My takeaway is that there is an implicit statement that you sign, but I don't
really know what it is. According to the gnupg privacy handbook[1] this
statement is roughly "I trust that this guy can properly sign other stuff"
which is kind of recursive, but I like it.

But when you validate if a message is really written buy a guy named John Doe
then the trust path doesn't actually verify this. The trust path verifies that
this guy who claims to be John Doe is good at signing other guy's keys. I
don't care about that at this point. Of course people don't actually think of
the statement written in the privacy handbook, they implicitly sign the
statement "I trust that this guy can properly trust other stuff _and_ I know
that this guy's name is what he currently has as an ID.". There are several
problems with this in practice:

\- Now you are signing two statements with one signature and you can't
separate the two. Now using anonymous public keys becomes tricky as you lose
one half of your statement.

\- Signing the id happens at the wrong place. Malory can revoke her identity
than push "Barack Obama" as her new id, now she can send messages in the name
of the president. Of course in practice it's hard, because you can't delete
revoked ids from key servers. But at this point you trust the key servers. I
thought that key servers are not trusted part of PGP.

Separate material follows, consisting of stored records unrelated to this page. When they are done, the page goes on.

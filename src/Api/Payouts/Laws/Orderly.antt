-- ===== src/Api/Payouts/Laws/Orderly.antt =====
-- The requests that the treasury's calls hand to the signer.
use dex_backend.Base.{
  ℕ, ◌+◌, ◌≤◌, ◌<◌, ◌≡◌, refl, sym, ◌⊎◌, inl, inr, true, false, none, some, List, [], ◌∷◌, ◌==◌,
  ==_iff, if◌then◌else◌, arith, Bool-cases,
}
use native.Mathlib.Decide.{dec_lt}
use dex_backend.Base.Key.{nat_key}
use dex_backend.Result.{Result, ok, err}
use dex_backend.Table.{select}
use dex_backend.Schema.{LedgerStatus, processing, LedgerEntry, LedgerDb}
use dex_backend.Ledger.Withdrawals.{
  is_pending, set_status, mark_withdrawal_processing, mark_withdrawal_confirmed,
  mark_withdrawal_failed,
}
use dex_backend.Ledger.Withdrawals.Moves.{Advance, Moved, process-Moved, fail-Moved, confirm-Moved}
use dex_backend.Ledger.Withdrawals.Ids.{
  SameIds, process-SameIds, fail-SameIds, confirm-SameIds, process_claims,
}
use dex_backend.Chain.Signer.{
  NodeReplies, Submission, not_sent, unconfirmed, reverted, mined, submit_tx,
}
use dex_backend.Api.Payouts.{
  Treasury, with_ledger, fail_request, answer_confirmed, after_submission, submit, pay, after_claim,
  process_withdrawal_request,
}

-- How often a request was handed to the signer.
abbrev pub times : ℕ → List ℕ → ℕ
times id [] = 0
times id (i ∷ ids) = (if i == id then 1 else 0) + times id ids

-- The request was handed over once, and it is past pending.
pub record Handed (id : ℕ) (t : Treasury) : Type 0 where
  pub once : times id t.submitted ≡ 1
  pub old : id < t.ledger.next_id
  pub entry : LedgerEntry
  pub here : select id t.ledger.ledger_entries ≡ some entry
  pub claimed : is_pending entry.status ≡ false

-- The id of the next row, and every later one, is free.
abbrev pub IsFresh : LedgerDb → Type 0
IsFresh db = (j : ℕ) → db.next_id ≤ j → select j db.ledger_entries ≡ none

pub record IsOrderly (t : Treasury) : Type 0 where
  pub fresh : IsFresh t.ledger
  pub handed : (id : ℕ) → (times id t.submitted ≡ 0) ⊎ Handed id t

Advance-claimed : {s s' : LedgerStatus} → Advance s s' → is_pending s' ≡ false
Advance-claimed Advance.claim = refl
Advance-claimed Advance.refuse = refl
Advance-claimed Advance.pay = refl
Advance-claimed Advance.give_up = refl

moved_on :
    {s s' : LedgerStatus} → (s' ≡ s) ⊎ Advance s s' → is_pending s ≡ false → is_pending s' ≡ false
moved_on (inl same) h = rw same h
moved_on (inr step) h = Advance-claimed step

Handed-Moved :
    (id : ℕ) (t : Treasury) (db : LedgerDb)
    → Moved t.ledger.ledger_entries db.ledger_entries
    → SameIds t.ledger db
    → Handed id t
    → Handed id (with_ledger db t)
Handed-Moved id t db moved same h =
    let (e', here, follows) = moved id h.entry h.here in
    record {
      once = h.once;
      old = rw (same.next) (h.old);
      entry = e';
      here = here;
      claimed = moved_on follows.status h.claimed;
    }

-- A call of the ledger that gives out no id and moves requests along keeps the treasury orderly.
pub ledger-IsOrderly :
    (t : Treasury) (db : LedgerDb)
    → Moved t.ledger.ledger_entries db.ledger_entries
    → SameIds t.ledger db
    → IsOrderly t
    → IsOrderly (with_ledger db t)
ledger-IsOrderly t db moved same o = record {
  fresh = λ j h. same.absent j (o.fresh j (rw (sym same.next) h));
  handed = λ id. elim (o.handed id) [
    | inl never ↦ inl never
    | inr h ↦ inr (Handed-Moved id t db moved same h)
  ];
}

-- The request `id` was claimed and not handed over yet.
record Claimed (id : ℕ) (t : Treasury) : Type 0 where
  never : times id t.submitted ≡ 0
  old : id < t.ledger.next_id
  entry : LedgerEntry
  here : select id t.ledger.ledger_entries ≡ some entry
  claimed : is_pending entry.status ≡ false

abbrev hand_over : ℕ → Treasury → Treasury
hand_over id t = record t { submitted = id ∷ t.submitted }

Handed-other :
    (id j : ℕ) (t : Treasury) → (id == j) ≡ false → Handed j t → Handed j (hand_over id t)
Handed-other id j t other h = record {
  once = ground (arith, h.once);
  old = h.old;
  entry = h.entry;
  here = h.here;
  claimed = h.claimed;
}

Handed-first :
    (id j : ℕ) (t : Treasury) → (id == j) ≡ true → Claimed id t → Handed j (hand_over id t)
Handed-first id j t same c =
    let is : j ≡ id = ground (arith, ==_iff id j) in
    record {
      once = ground (arith, c.never);
      old = rw is (c.old);
      entry = c.entry;
      here = rw is (c.here);
      claimed = c.claimed;
    }

hand_over-IsOrderly :
    (id : ℕ) (t : Treasury) → Claimed id t → IsOrderly t → IsOrderly (hand_over id t)
hand_over-IsOrderly id t c o = record {
  fresh = o.fresh;
  handed = λ j. elim (Bool-cases (id == j)) [
    | inl same ↦ inr (Handed-first id j t same c)
    | inr other ↦ elim (o.handed j) [
      | inl never ↦ inl (ground arith)
      | inr h ↦ inr (Handed-other id j t other h)
    ]
  ];
}

fail-IsOrderly : (id : ℕ) (t : Treasury) → IsOrderly t → IsOrderly (fail_request id t)
unfolding fail_request
fail-IsOrderly id t =
    ledger-IsOrderly t (mark_withdrawal_failed id t.ledger).1 (fail-Moved id t.ledger)
      (fail-SameIds id t.ledger)

answer-IsOrderly :
    (hash : ℕ) (p : Result LedgerEntry × LedgerDb) (t : Treasury)
    → IsOrderly (with_ledger p.1 t)
    → IsOrderly (answer_confirmed hash p t).1
unfolding answer_confirmed
answer-IsOrderly hash (ok e, db) t o = o
answer-IsOrderly hash (err x, db) t o = o

after_submission-IsOrderly :
    (id : ℕ) (s : Submission) (t : Treasury) → IsOrderly t → IsOrderly (after_submission id s t).1
unfolding after_submission
after_submission-IsOrderly id not_sent t o = fail-IsOrderly id t o
after_submission-IsOrderly id (reverted hash) t o = fail-IsOrderly id t o
after_submission-IsOrderly id (unconfirmed hash) t o = o
after_submission-IsOrderly id (mined hash) t o =
    answer-IsOrderly hash (mark_withdrawal_confirmed id hash t.ledger) t (
      ledger-IsOrderly t (mark_withdrawal_confirmed id hash t.ledger).1
        (confirm-Moved id hash t.ledger) (confirm-SameIds id hash t.ledger) o)

submit-IsOrderly :
    (id : ℕ) (r : NodeReplies) (t : Treasury)
    → Claimed id t
    → IsOrderly t
    → IsOrderly (submit id r t).1
unfolding submit
submit-IsOrderly id r t c o =
    after_submission-IsOrderly id (submit_tx r) (hand_over id t) (hand_over-IsOrderly id t c o)

pay-IsOrderly :
    (id : ℕ) (r : NodeReplies) (e : LedgerEntry) (t : Treasury)
    → Claimed id t
    → IsOrderly t
    → IsOrderly (pay id r e t).1
unfolding pay
pay-IsOrderly id r e t c o = ground (arith, fail-IsOrderly id t o, submit-IsOrderly id r t c o)

after_claim-IsOrderly :
    (id : ℕ) (r : NodeReplies) (p : Result LedgerEntry × LedgerDb) (t : Treasury)
    → IsOrderly (with_ledger p.1 t)
    → ((e : LedgerEntry) → p.0 ≡ ok e → Claimed id (with_ledger p.1 t))
    → IsOrderly (after_claim id r p t).1
unfolding after_claim
after_claim-IsOrderly id r (ok e, db) t o claims =
    pay-IsOrderly id r e (with_ledger db t) (claims e refl) o
after_claim-IsOrderly id r (err x, db) t o claims = o

set_processing-claimed :
    (e : LedgerEntry) {e' : LedgerEntry}
    → e' ≡ set_status processing e
    → is_pending e'.status ≡ false
set_processing-claimed e is = rw is refl

-- A request that was claimed just now was never handed over before.
process-Claimed :
    (id : ℕ) (t : Treasury) (e' : LedgerEntry) (d : LedgerDb)
    → IsOrderly t
    → mark_withdrawal_processing id t.ledger ≡ (ok e', d)
    → SameIds t.ledger d
    → Claimed id (with_ledger d t)
process-Claimed id t e' d o h same =
    let (e, present, was, is, here) = process_claims id t.ledger h in
    record {
      never = elim (o.handed id) [
        | inl never ↦ never
        | inr handed ↦
            let here = handed.here in
            let claimed = handed.claimed in
            let is : handed.entry ≡ e = ground arith in absurd (ground arith)
      ];
      old = elim (dec_lt id d.next_id) [
        | yes before ↦ before
        | no after ↦ absurd (ground (arith, o.fresh id (omega (arith, same.next))))
      ];
      entry = e';
      here = here;
      claimed = set_processing-claimed e is;
    }

pub process-IsOrderly :
    (id : ℕ) (r : NodeReplies) (t : Treasury)
    → IsOrderly t
    → IsOrderly (process_withdrawal_request id r t).1
unfolding process_withdrawal_request
process-IsOrderly id r t o =
    let same = process-SameIds id t.ledger in
    after_claim-IsOrderly id r (mark_withdrawal_processing id t.ledger) t
      (ledger-IsOrderly t (mark_withdrawal_processing id t.ledger).1 (process-Moved id t.ledger)
        same o)
      λ e' done.
        process-Claimed id t e' (mark_withdrawal_processing id t.ledger).1 o (ground arith) same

\- gnupg guys advocate key signing parties: you gather at one place, bring
your ID then sign each other's keys. The problem with this that you only
verify half of your statement (id). The other half is tricky to verify (Can
this guy properly protect his priv key? Will this guy just randomly sign
everything he sees?), I think it makes more sense to trust a friend who you
already know well. Of course there are trust levels and I think you should
only use marginal trust at these parties, however I don't know what's the
practice.

\- There are keys that are not tied to people, they are typically tied to
software packages. Now what does it mean when someone signs such a key? Take
putty as an example. Its master key is signed by several people. Each
signature could mean that "this is the putty project's master key that is used
to sign the binaries themselves" which can be verified by the given guy
knowing the developer and that he is trustworthy (at this point PGP is misused
though, the guy should have signed the developer's key instead and only the
developer should sign the binary signing key, but it would make trust paths
longer). It could also mean that "I trust that PuTTY is a great software and
doesn't do anything nasty behind your back" which requires an entirely
different verification.

In the end the trust path a way too simplified projection of these statements
and most likely you can't actually verify the statement that you care about.

[1]
[https://www.gnupg.org/gph/en/manual.html#AEN282](https://www.gnupg.org/gph/en/manual.html#AEN282)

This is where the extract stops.